*Task material*

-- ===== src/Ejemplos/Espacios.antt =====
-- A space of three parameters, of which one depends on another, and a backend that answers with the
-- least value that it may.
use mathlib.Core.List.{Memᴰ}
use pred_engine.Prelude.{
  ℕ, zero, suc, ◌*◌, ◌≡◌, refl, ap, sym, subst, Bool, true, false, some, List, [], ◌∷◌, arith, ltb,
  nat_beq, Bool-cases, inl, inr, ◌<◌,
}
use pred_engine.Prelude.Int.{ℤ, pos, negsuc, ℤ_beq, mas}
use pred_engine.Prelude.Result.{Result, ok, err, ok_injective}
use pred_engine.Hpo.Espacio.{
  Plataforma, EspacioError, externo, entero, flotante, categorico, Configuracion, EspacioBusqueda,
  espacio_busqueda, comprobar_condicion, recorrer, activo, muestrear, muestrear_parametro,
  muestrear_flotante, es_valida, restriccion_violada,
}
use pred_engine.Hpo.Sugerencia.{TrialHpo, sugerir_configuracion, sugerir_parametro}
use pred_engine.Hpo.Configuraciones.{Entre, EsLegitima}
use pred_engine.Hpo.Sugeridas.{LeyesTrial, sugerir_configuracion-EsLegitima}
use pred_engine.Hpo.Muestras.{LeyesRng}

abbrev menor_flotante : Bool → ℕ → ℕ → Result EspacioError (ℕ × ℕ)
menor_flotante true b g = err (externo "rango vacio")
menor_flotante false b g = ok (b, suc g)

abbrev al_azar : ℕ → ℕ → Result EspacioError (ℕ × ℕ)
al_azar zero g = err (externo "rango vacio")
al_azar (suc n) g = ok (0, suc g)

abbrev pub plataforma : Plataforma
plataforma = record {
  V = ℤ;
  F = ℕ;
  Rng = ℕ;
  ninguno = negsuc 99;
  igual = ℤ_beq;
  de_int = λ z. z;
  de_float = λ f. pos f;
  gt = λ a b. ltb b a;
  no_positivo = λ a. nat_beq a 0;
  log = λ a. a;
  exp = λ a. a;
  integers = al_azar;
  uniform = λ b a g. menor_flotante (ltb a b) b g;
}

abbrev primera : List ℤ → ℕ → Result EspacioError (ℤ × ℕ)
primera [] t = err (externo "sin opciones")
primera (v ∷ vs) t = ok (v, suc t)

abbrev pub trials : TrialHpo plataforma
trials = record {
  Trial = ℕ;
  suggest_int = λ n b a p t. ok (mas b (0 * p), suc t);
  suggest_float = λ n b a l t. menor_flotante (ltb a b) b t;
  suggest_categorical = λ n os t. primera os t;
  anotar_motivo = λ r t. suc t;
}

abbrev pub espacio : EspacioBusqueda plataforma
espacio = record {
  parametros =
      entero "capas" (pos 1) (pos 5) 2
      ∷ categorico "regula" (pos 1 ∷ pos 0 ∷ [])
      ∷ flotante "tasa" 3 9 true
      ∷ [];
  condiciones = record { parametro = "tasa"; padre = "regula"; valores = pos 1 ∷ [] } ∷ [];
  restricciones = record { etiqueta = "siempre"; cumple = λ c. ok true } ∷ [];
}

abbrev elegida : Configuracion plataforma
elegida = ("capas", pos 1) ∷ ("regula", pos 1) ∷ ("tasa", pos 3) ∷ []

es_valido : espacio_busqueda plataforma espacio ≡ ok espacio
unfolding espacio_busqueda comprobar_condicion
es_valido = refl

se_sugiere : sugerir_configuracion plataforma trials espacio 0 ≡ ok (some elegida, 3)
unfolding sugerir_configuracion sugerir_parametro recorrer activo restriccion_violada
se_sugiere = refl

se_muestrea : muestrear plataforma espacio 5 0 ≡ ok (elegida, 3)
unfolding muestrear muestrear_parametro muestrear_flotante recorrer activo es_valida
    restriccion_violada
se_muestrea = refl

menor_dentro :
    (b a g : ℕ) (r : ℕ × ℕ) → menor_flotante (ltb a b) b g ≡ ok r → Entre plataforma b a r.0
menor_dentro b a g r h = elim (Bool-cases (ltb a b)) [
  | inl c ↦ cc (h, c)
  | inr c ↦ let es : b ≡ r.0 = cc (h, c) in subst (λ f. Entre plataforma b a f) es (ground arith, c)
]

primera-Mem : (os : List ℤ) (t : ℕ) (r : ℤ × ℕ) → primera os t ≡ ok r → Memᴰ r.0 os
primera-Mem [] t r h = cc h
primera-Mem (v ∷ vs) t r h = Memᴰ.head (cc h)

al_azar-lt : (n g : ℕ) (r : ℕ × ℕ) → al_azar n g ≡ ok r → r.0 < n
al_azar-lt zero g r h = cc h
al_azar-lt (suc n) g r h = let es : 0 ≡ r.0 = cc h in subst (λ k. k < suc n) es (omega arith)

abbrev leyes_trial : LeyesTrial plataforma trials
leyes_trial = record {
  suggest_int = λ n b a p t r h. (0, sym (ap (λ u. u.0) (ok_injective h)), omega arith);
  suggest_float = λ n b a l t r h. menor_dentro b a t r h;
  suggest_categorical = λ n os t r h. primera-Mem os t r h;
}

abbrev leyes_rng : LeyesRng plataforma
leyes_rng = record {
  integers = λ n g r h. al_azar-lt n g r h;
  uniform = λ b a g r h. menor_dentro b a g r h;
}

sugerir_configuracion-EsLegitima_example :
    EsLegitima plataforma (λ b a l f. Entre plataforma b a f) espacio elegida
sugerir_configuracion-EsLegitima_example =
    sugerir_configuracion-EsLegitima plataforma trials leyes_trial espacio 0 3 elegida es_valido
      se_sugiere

--

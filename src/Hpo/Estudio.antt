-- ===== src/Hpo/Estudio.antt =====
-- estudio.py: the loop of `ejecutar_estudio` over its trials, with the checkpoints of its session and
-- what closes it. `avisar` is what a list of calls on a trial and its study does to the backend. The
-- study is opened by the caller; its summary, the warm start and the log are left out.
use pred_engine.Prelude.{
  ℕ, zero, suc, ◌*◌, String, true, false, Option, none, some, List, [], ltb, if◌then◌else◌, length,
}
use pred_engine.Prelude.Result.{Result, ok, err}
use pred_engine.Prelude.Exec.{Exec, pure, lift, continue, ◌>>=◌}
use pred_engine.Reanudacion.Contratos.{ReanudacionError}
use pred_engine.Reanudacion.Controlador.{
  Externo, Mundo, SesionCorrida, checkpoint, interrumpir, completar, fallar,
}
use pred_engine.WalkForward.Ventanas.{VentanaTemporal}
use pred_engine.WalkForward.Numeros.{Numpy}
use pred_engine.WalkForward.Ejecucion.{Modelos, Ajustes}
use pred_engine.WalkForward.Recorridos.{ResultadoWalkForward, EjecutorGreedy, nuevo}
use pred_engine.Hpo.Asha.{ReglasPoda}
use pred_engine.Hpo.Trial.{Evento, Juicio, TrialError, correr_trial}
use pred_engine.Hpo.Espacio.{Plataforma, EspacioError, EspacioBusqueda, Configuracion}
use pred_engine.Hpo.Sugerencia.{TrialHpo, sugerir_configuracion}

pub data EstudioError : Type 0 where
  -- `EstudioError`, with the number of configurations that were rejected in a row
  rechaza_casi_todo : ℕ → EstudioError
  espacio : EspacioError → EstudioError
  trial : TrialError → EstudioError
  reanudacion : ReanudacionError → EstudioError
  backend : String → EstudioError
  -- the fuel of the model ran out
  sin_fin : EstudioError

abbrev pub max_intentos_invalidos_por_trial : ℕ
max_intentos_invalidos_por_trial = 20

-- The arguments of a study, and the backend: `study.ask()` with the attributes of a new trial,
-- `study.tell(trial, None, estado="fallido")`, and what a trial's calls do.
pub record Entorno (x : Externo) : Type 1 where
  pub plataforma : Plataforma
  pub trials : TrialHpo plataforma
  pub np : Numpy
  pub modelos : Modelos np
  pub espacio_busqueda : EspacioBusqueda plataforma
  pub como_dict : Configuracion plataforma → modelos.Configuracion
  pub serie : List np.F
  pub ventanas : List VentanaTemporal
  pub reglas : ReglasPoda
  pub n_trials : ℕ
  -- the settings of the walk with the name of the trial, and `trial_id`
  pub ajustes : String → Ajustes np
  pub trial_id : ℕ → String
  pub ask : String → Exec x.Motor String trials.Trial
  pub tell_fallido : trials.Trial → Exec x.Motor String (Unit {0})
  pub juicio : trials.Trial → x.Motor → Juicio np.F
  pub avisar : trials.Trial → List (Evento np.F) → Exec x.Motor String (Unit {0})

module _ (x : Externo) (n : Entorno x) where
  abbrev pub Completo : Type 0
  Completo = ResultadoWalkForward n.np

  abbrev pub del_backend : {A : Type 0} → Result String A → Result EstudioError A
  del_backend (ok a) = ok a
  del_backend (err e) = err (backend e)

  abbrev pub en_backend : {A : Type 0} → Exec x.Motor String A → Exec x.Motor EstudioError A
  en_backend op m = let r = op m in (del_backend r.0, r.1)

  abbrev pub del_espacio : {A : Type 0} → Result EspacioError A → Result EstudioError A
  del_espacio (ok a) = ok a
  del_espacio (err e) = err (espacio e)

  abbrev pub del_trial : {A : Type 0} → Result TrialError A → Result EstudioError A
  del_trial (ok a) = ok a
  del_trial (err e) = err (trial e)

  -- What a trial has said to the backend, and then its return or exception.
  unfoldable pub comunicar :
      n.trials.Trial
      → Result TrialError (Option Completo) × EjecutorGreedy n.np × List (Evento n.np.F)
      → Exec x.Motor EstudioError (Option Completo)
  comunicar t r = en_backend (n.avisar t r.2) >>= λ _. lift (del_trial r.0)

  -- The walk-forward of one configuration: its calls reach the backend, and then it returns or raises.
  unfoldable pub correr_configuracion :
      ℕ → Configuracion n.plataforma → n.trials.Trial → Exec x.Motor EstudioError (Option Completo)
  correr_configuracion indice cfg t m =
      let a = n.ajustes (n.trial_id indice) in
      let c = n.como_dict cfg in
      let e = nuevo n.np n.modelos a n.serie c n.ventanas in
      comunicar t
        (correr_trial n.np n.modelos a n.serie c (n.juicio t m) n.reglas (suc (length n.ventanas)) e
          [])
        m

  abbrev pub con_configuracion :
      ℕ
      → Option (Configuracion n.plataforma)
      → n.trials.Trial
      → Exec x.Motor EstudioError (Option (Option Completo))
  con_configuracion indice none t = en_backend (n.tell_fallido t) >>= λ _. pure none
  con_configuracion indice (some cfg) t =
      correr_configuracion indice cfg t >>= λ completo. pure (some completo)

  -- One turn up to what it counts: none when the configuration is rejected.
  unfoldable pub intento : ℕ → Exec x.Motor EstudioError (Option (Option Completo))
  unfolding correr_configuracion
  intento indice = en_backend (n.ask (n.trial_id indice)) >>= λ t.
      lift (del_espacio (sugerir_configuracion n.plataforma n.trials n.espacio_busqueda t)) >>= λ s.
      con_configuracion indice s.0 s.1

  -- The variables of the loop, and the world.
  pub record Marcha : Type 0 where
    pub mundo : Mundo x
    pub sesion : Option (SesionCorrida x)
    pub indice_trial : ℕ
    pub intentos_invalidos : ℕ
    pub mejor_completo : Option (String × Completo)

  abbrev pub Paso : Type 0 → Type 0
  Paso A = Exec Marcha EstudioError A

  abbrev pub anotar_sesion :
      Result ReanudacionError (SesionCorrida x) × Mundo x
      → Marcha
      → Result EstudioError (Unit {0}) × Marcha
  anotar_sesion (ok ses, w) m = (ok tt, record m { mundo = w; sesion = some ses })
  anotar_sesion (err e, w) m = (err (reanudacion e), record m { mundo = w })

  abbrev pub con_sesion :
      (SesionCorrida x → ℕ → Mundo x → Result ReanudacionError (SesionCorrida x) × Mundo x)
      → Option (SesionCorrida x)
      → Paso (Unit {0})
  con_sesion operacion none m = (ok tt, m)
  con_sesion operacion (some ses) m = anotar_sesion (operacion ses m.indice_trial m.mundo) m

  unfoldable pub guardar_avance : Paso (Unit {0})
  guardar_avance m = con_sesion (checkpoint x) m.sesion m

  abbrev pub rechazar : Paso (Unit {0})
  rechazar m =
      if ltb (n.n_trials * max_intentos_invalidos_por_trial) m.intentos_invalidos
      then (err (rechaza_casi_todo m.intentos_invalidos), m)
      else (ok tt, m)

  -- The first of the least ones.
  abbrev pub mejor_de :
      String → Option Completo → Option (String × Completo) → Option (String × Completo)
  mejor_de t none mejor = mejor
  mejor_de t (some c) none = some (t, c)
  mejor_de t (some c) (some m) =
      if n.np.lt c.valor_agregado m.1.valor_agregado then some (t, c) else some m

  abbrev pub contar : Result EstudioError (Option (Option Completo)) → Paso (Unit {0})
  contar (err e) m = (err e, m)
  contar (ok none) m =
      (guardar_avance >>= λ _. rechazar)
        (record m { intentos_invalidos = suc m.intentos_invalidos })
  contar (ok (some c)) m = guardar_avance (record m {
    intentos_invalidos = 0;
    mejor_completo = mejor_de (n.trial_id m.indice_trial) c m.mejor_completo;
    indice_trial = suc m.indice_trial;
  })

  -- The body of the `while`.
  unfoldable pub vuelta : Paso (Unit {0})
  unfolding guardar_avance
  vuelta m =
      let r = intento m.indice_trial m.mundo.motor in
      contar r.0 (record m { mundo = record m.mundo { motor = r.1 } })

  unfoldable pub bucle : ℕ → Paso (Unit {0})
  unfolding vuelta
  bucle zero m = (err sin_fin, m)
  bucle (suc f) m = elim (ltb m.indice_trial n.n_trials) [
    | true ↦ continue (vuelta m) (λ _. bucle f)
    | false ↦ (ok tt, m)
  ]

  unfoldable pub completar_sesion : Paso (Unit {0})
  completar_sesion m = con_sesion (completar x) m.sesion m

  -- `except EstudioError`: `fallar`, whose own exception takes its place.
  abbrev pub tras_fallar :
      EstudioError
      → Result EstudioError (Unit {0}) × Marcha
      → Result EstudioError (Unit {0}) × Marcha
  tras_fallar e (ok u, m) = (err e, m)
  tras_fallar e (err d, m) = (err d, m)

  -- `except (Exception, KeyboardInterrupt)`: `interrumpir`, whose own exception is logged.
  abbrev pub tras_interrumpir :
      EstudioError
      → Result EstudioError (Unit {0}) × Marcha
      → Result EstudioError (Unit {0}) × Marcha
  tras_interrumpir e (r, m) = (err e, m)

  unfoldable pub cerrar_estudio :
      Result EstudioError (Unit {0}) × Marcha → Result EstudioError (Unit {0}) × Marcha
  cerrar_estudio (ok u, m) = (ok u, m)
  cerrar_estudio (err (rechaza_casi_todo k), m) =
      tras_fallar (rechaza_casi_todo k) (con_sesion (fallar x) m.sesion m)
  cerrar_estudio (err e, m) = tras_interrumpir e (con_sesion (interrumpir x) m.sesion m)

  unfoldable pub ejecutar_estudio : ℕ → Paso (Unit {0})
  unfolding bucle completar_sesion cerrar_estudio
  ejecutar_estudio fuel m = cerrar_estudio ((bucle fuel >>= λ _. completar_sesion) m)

* * *

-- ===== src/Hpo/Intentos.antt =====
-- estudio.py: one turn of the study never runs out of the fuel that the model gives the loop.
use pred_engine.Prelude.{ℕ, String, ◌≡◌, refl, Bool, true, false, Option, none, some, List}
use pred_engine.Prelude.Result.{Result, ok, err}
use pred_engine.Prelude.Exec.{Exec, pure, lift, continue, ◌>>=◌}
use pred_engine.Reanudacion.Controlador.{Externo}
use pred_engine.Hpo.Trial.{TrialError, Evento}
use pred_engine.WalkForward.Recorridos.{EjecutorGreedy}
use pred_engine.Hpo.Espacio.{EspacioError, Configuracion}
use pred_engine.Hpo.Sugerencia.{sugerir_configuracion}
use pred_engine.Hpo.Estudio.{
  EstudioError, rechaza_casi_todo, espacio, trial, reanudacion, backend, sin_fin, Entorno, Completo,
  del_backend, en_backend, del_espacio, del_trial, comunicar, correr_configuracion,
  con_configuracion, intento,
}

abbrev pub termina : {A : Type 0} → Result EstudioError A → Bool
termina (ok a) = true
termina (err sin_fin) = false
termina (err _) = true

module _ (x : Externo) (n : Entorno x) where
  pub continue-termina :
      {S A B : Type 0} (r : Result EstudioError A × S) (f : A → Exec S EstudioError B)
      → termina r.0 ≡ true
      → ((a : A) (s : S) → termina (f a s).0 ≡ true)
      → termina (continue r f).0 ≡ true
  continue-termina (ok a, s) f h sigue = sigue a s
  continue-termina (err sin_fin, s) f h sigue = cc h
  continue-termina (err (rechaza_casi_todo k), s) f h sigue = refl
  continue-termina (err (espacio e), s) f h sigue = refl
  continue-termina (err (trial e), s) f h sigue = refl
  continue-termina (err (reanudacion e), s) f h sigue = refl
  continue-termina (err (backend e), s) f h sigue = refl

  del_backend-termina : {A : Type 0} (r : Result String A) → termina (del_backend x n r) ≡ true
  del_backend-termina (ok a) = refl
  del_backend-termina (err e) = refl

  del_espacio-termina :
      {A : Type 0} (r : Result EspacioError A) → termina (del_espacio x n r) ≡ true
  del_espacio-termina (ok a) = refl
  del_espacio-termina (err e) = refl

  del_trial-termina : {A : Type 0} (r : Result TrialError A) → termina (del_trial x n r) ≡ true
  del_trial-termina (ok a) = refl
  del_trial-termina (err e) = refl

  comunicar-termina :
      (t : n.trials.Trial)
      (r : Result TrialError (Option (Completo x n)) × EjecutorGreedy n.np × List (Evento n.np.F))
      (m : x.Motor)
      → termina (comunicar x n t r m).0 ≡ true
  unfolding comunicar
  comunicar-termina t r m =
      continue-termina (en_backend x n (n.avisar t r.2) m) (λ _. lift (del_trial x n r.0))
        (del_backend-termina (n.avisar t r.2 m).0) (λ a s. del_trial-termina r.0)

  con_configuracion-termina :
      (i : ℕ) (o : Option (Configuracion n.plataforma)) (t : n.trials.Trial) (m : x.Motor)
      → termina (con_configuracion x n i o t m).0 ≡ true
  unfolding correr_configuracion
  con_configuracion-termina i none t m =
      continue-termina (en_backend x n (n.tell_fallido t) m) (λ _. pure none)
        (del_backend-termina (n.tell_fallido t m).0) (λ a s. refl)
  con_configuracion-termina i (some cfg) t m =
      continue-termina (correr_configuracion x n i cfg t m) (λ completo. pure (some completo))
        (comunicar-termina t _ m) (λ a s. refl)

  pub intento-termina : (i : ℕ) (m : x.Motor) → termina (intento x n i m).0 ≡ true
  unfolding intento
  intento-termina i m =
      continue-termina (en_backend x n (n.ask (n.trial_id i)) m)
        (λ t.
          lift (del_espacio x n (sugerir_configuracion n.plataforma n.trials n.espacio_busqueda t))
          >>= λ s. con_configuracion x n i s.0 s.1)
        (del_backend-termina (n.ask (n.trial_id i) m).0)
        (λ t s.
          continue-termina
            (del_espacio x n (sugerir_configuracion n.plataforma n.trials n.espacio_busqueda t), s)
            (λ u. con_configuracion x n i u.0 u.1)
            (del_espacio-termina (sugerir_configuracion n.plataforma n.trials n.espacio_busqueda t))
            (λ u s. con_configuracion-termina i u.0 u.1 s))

*What to do*
Find the line with "anotar_sesion (ok ses, w)" in the material above. Reproduce it and each line after it up to and including the line with "abbrev pub con_sesion".

*Solved exercise*
  anotar_sesion (ok ses, w) m = (ok tt, record m { mundo = w; sesion = some ses })
  anotar_sesion (err e, w) m = (err (reanudacion e), record m { mundo = w })

  abbrev pub con_sesion :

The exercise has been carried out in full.